Again, knowing the healthiest cuts is key. Ounce for ounce, beef tenderloin has about the same calorie and fat content as skinless chicken thighs. Rich in protein and vitamin B12, this cut is a good source of selenium, zinc, iron, phosphorus, and B Vitamins. Versatile and flavorful, tenderloin is a smart indulgence that can be paired with myriad sauces and sides for a healthful meal. Get to know less expensive lean cuts such as top sirloin (great in stir-fries) and flank steak, a great all-purpose cut that's cheaper than tenderloin and works in many recipes.
Once demonized as an artery-clogging food, eggs have been exonerated by new research and now have a place in most diets. Packed with nutrients, one egg contains 13 essential vitamins and minerals, high-quality protein, and healthy unsaturated fats for just 75 calories. While yolks do contain about 213mg of dietary cholesterol (the daily limit is 300mg), eating a whole egg a few times per week falls within heart-healthy guidelines if cholesterol from other sources―such as meats, poultry and dairy products―is limited. If you’re watching your cholesterol, you can still turn to egg whites as a healthful source of protein.

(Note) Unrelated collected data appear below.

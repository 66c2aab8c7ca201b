-- ===== src/Registry.antt =====
-- sdk/registry/src/index.ts: the client of the program registry.
pub mod Address
pub mod Entry
pub mod Client
pub mod Agreement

Is cutting out coffee the best bet for your health? Not necessarily. Sure, if you drink too much, caffeinated coffee can give you the jitters or interfere with sleep. But you can also reap significant perks from coffee, both caffeinated and decaf. Studies show that drinking coffee regularly may reduce your risk of Parkinson’s disease, colon cancer, diabetes, and even headaches. Scientists also believe that coffee may play a role in improving memory and decreasing the risk of Type 2 diabetes. Multiple studies have shown that coffee drinkers are up to 80 percent less likely to develop Parkinson's disease. In other studies, colon cancer was reduced by about 25 percent in individuals who drank at least 2 cups a day. While more research is needed, most health experts now believe that the health benefits of coffee outweigh the negatives.
Spices are an excellent way to enhance the flavor of food, and early research indicates that some spices may offer health benefits, too. Turmeric and cinnamon are among those studied by for their potential disease-fighting compounds. Preliminary studies have shown that curcumin, the active ingredient in turmeric powder, may carry a broad range of anti-inflammatory and potential cancer-fighting properties. However, further studies are needed to confirm these findings.

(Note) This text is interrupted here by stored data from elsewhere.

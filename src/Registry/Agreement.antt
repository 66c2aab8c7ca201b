-- ===== src/Registry/Agreement.antt =====
-- The wallet and the registry client derive the same addresses.
use widespread_logos.Prelude.{
  ◌≡◌, refl, true, inl, inr, List, [], ◌∷◌, Text, Bytes, length, ok, ◌==◌, ==_iff, Bool-cases,
  arith,
}
use widespread_logos.Platform.{hex_value}
use widespread_logos.Pda
use widespread_logos.Pda.{
  Sha256, bare_id, is_hex, is_hex64, hex_pairs, strip_0x, hex_to_bytes, check_32, seeds_from_strs,
  seed_from_str, combined, pda_input, pda_of, compute_public_pda, flat,
}
use widespread_logos.Registry.Address.{account_id_bytes, combined_raw, compute_pda_raw}

-- A text of hexadecimal digits has no `0x` in front.
strip_0x-is_hex : (s : Text) → is_hex s ≡ true → strip_0x s ≡ s
unfolding strip_0x is_hex hex_value
strip_0x-is_hex [] h = refl
strip_0x-is_hex (a ∷ []) h = refl
strip_0x-is_hex (a ∷ b ∷ s) h = elim (Bool-cases (b == b'x')) [
  | inr e ↦ ground arith
  | inl e ↦ let x : b ≡ b'x' = (==_iff b b'x').0 e in ground arith
]

-- The two readers of an account id agree.
hex_to_bytes-is_hex64 : (s : Text) → is_hex64 s ≡ true → hex_to_bytes s ≡ ok (hex_pairs s)
unfolding hex_to_bytes is_hex64
hex_to_bytes-is_hex64 s h =
    let digits : is_hex s ≡ true = ground arith in
    let size : length s ≡ 64 = ground arith in rw (strip_0x-is_hex s digits, digits, size) refl

account_id_bytes-account_id_bytes : (id : Text) → Pda.account_id_bytes id ≡ account_id_bytes id
unfolding Pda.account_id_bytes account_id_bytes
account_id_bytes-account_id_bytes id = elim (Bool-cases (is_hex64 (bare_id id))) [
  | inl e ↦ rw e (hex_to_bytes-is_hex64 (bare_id id) e)
  | inr e ↦ rw e refl
]

combined-combined_raw :
    (sha : Sha256) (seeds : List Bytes) → combined sha seeds ≡ combined_raw sha seeds
unfolding combined combined_raw flat
combined-combined_raw sha [] = refl
combined-combined_raw sha (s ∷ []) = refl
combined-combined_raw sha (s ∷ t ∷ ss) = refl

-- For texts that are seeds, one or more, the wallet's computePublicPda gives what the registry client's
-- computePdaRaw gives for their seeds, errors included.
pub compute_public_pda-compute_pda_raw :
    (sha : Sha256) (id s : Text) (ss : List Text) (seeds : List Bytes)
    → seeds_from_strs (s ∷ ss) ≡ ok seeds
    → compute_public_pda sha id (s ∷ ss) ≡ compute_pda_raw sha id seeds
unfolding compute_public_pda compute_pda_raw pda_of
compute_public_pda-compute_pda_raw sha id s ss seeds h =
    rw (account_id_bytes-account_id_bytes id, h, combined-combined_raw sha seeds) refl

Pistachios offer more than 30 different vitamins, minerals and phytonutrients including lutein and zeaxanthin, two antioxidants associated with a reduced risk of age-related macular degeneration. Worried about the fat and calories? Pistachios are one of the nuts lowest in calories and fat. (They have only three calories per nut―about half the count of most snack nuts.) Small and flavorful, pistachios make a satisfying snack as well as a healthful ingredient in many meals.
If you love the creamy, rich taste of avocados but worry about the fat and calorie content, we can put some of those fears to rest. While avocados are high in fat, most of it is “heart healthy” mono- and polyunsaturated fat. Concerned about calories? One-fifth of a medium-sized avocado has about 50 calories. Not bad considering these versatile fruits are nutrient-rich, containing nearly 20 vitamins and minerals. As long as you use moderation as your guide, avocados are a very nutritious―and tasty―addition to sandwiches, salads, and dips.
We've fingered restaurant baked potatoes as one of the foods that sound healthy (but aren't). But if you prepare them yourself, potatoes can be a nutritious, versatile, and inexpensive food that has a place in a healthy diet. One medium-sized potato (with skin) has just 160 calories and is one of the best sources of potassium and fiber in the produce section. Baked, mashed, or roasted, potatoes make a wonderful side or a base for a healthful meal (just make sure to go light on the toppings).